## [What you need to do]
Each entry needs to be given again, character for character.

## [Stored items]
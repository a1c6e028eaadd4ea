-- ===== src/Samples/Trees.antt =====
-- A sled tree as an association list, for the runs of the wallet.
use tuxedo.Base.{
  Bool, true, false, ◌||◌, Bytes, List, [], ◌∷◌, ℕ, suc, refl, Bool-cases, inl, inr, ap, Option,
  none, some, bytes_eq, bytes_eq_self, eq_of_bytes_eq, if◌then◌else◌, ◌≡◌, arith,
}
use tuxedo.Wallet.{TreeApi}

abbrev pub Tree : Type 0
Tree = List (Bytes × Bytes)

abbrev pub lookup : Tree → Bytes → Option Bytes
lookup [] j = none
lookup ((k, v) ∷ t) j = if bytes_eq k j then some v else lookup t j

abbrev pub without : Tree → Bytes → Tree
without [] j = []
without ((k, v) ∷ t) j = let rest = without t j in if bytes_eq k j then rest else (k, v) ∷ rest

pub lookup-without :
    (t : Tree) (k j : Bytes) → lookup (without t k) j ≡ (if bytes_eq k j then none else lookup t j)
lookup-without [] k j = ground arith
lookup-without ((a, v) ∷ t) k j = ground (
  arith,
  lookup-without t k j,
  eq_of_bytes_eq a k,
  eq_of_bytes_eq a j,
  eq_of_bytes_eq k j,
  bytes_eq_self j,
)

pub lookup-insert :
    (t : Tree) (k v j : Bytes)
    → lookup ((k, v) ∷ without t k) j ≡ (if bytes_eq k j then some v else lookup t j)
lookup-insert t k v j = ground (arith, lookup-without t k j)

abbrev pub stored : Tree → Bytes → Bool
stored [] j = false
stored ((k, v) ∷ t) j = bytes_eq k j || stored t j

-- The number of keys.
abbrev pub count : Tree → ℕ
count [] = 0
count ((k, v) ∷ t) = let rest = count t in if stored t k then rest else suc rest

stored-without :
    (t : Tree) (k j : Bytes) → stored (without t k) j ≡ (if bytes_eq k j then false else stored t j)
stored-without [] k j = ground arith
stored-without ((a, w) ∷ t) k j = ground (
  arith,
  stored-without t k j,
  eq_of_bytes_eq a k,
  eq_of_bytes_eq a j,
  eq_of_bytes_eq k j,
  bytes_eq_self j,
)

count-without :
    (t : Tree) (k : Bytes)
    → count t ≡ (if stored t k then suc (count (without t k)) else count (without t k))
count-without [] k = refl
count-without ((a, w) ∷ t) k = elim (Bool-cases (bytes_eq a k)) [
  | inl e ↦
      let same : a ≡ k = eq_of_bytes_eq a k e in
      ground (arith, e, count-without t k, ap (stored t) same)
  | inr n ↦
      ground
        (arith, n, count-without t k, stored-without t k a, eq_of_bytes_eq k a, bytes_eq_self a)
]

stored_none : (t : Tree) (k : Bytes) → lookup t k ≡ none → stored t k ≡ false
stored_none [] k h = refl
stored_none ((a, w) ∷ t) k h = ground (arith, stored_none t k)

stored_some : (t : Tree) (k v : Bytes) → lookup t k ≡ some v → stored t k ≡ true
stored_some [] k v h = cc
stored_some ((a, w) ∷ t) k v h = ground (arith, stored_some t k v)

pub count-insert :
    (t : Tree) (k v : Bytes) → lookup t k ≡ none → count ((k, v) ∷ without t k) ≡ suc (count t)
count-insert t k v h =
    ground (arith, stored_none t k h, stored-without t k k, bytes_eq_self k, count-without t k)

pub count-remove :
    (t : Tree) (k v : Bytes) → lookup t k ≡ some v → suc (count (without t k)) ≡ count t
count-remove t k v h = ground (arith, stored_some t k v h, count-without t k)

abbrev pub trees : TreeApi Tree
trees = record {
  get = lookup;
  insert = λ t k v. (k, v) ∷ without t k;
  remove = without;
  len = count;
  iter = λ t. t;
  get-insert = lookup-insert;
  get-remove = lookup-without;
  len-insert = count-insert;
  len-remove = count-remove;
}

## [Output]
repository a1c6e028eaadd4ea
-- ===== src/Samples/Trees.antt =====
-- A sled tree as an association list, for the runs of the wallet.
use tuxedo.Base.{
  Bool, true, false, ◌||◌, Bytes, List, [], ◌∷◌, ℕ, suc, refl, Bool-cases, inl, inr, ap, Option,
  none, some, bytes_eq, bytes_eq_self, eq_of_bytes_eq, if◌then◌else◌, ◌≡◌, arith,
}
use tuxedo.Wallet.{TreeApi}

abbrev pub Tree : Type 0
Tree = List (Bytes × Bytes)

abbrev pub lookup : Tree → Bytes → Option Bytes
lookup [] j = none
lookup ((k, v) ∷ t) j = if bytes_eq k j then some v else lookup t j

abbrev pub without : Tree → Bytes → Tree
without [] j = []
without ((k, v) ∷ t) j = let rest = without t j in if bytes_eq k j then rest else (k, v) ∷ rest

pub lookup-without :
    (t : Tree) (k j : Bytes) → lookup (without t k) j ≡ (if bytes_eq k j then none else lookup t j)
lookup-without [] k j = ground arith
lookup-without ((a, v) ∷ t) k j = ground (
  arith,
  lookup-without t k j,
  eq_of_bytes_eq a k,
  eq_of_bytes_eq a j,
  eq_of_bytes_eq k j,
  bytes_eq_self j,
)

pub lookup-insert :
    (t : Tree) (k v j : Bytes)
    → lookup ((k, v) ∷ without t k) j ≡ (if bytes_eq k j then some v else lookup t j)
lookup-insert t k v j = ground (arith, lookup-without t k j)

abbrev pub stored : Tree → Bytes → Bool
stored [] j = false
stored ((k, v) ∷ t) j = bytes_eq k j || stored t j

-- The number of keys.
abbrev pub count : Tree → ℕ
count [] = 0
count ((k, v) ∷ t) = let rest = count t in if stored t k then rest else suc rest

stored-without :
    (t : Tree) (k j : Bytes) → stored (without t k) j ≡ (if bytes_eq k j then false else stored t j)
stored-without [] k j = ground arith
stored-without ((a, w) ∷ t) k j = ground (
  arith,
  stored-without t k j,
  eq_of_bytes_eq a k,
  eq_of_bytes_eq a j,
  eq_of_bytes_eq k j,
  bytes_eq_self j,
)

count-without :
    (t : Tree) (k : Bytes)
    → count t ≡ (if stored t k then suc (count (without t k)) else count (without t k))
count-without [] k = refl
count-without ((a, w) ∷ t) k = elim (Bool-cases (bytes_eq a k)) [
  | inl e ↦
      let same : a ≡ k = eq_of_bytes_eq a k e in
      ground (arith, e, count-without t k, ap (stored t) same)
  | inr n ↦
      ground
        (arith, n, count-without t k, stored-without t k a, eq_of_bytes_eq k a, bytes_eq_self a)
]

stored_none : (t : Tree) (k : Bytes) → lookup t k ≡ none → stored t k ≡ false
stored_none [] k h = refl
stored_none ((a, w) ∷ t) k h = ground (arith, stored_none t k)

stored_some : (t : Tree) (k v : Bytes) → lookup t k ≡ some v → stored t k ≡ true
stored_some [] k v h = cc
stored_some ((a, w) ∷ t) k v h = ground (arith, stored_some t k v)

pub count-insert :
    (t : Tree) (k v : Bytes) → lookup t k ≡ none → count ((k, v) ∷ without t k) ≡ suc (count t)
count-insert t k v h =
    ground (arith, stored_none t k h, stored-without t k k, bytes_eq_self k, count-without t k)

pub count-remove :
    (t : Tree) (k v : Bytes) → lookup t k ≡ some v → suc (count (without t k)) ≡ count t
count-remove t k v h = ground (arith, stored_some t k v h, count-without t k)

abbrev pub trees : TreeApi Tree
trees = record {
  get = lookup;
  insert = λ t k v. (k, v) ∷ without t k;
  remove = without;
  len = count;
  iter = λ t. t;
  get-insert = lookup-insert;
  get-remove = lookup-without;
  len-insert = count-insert;
  len-remove = count-remove;
}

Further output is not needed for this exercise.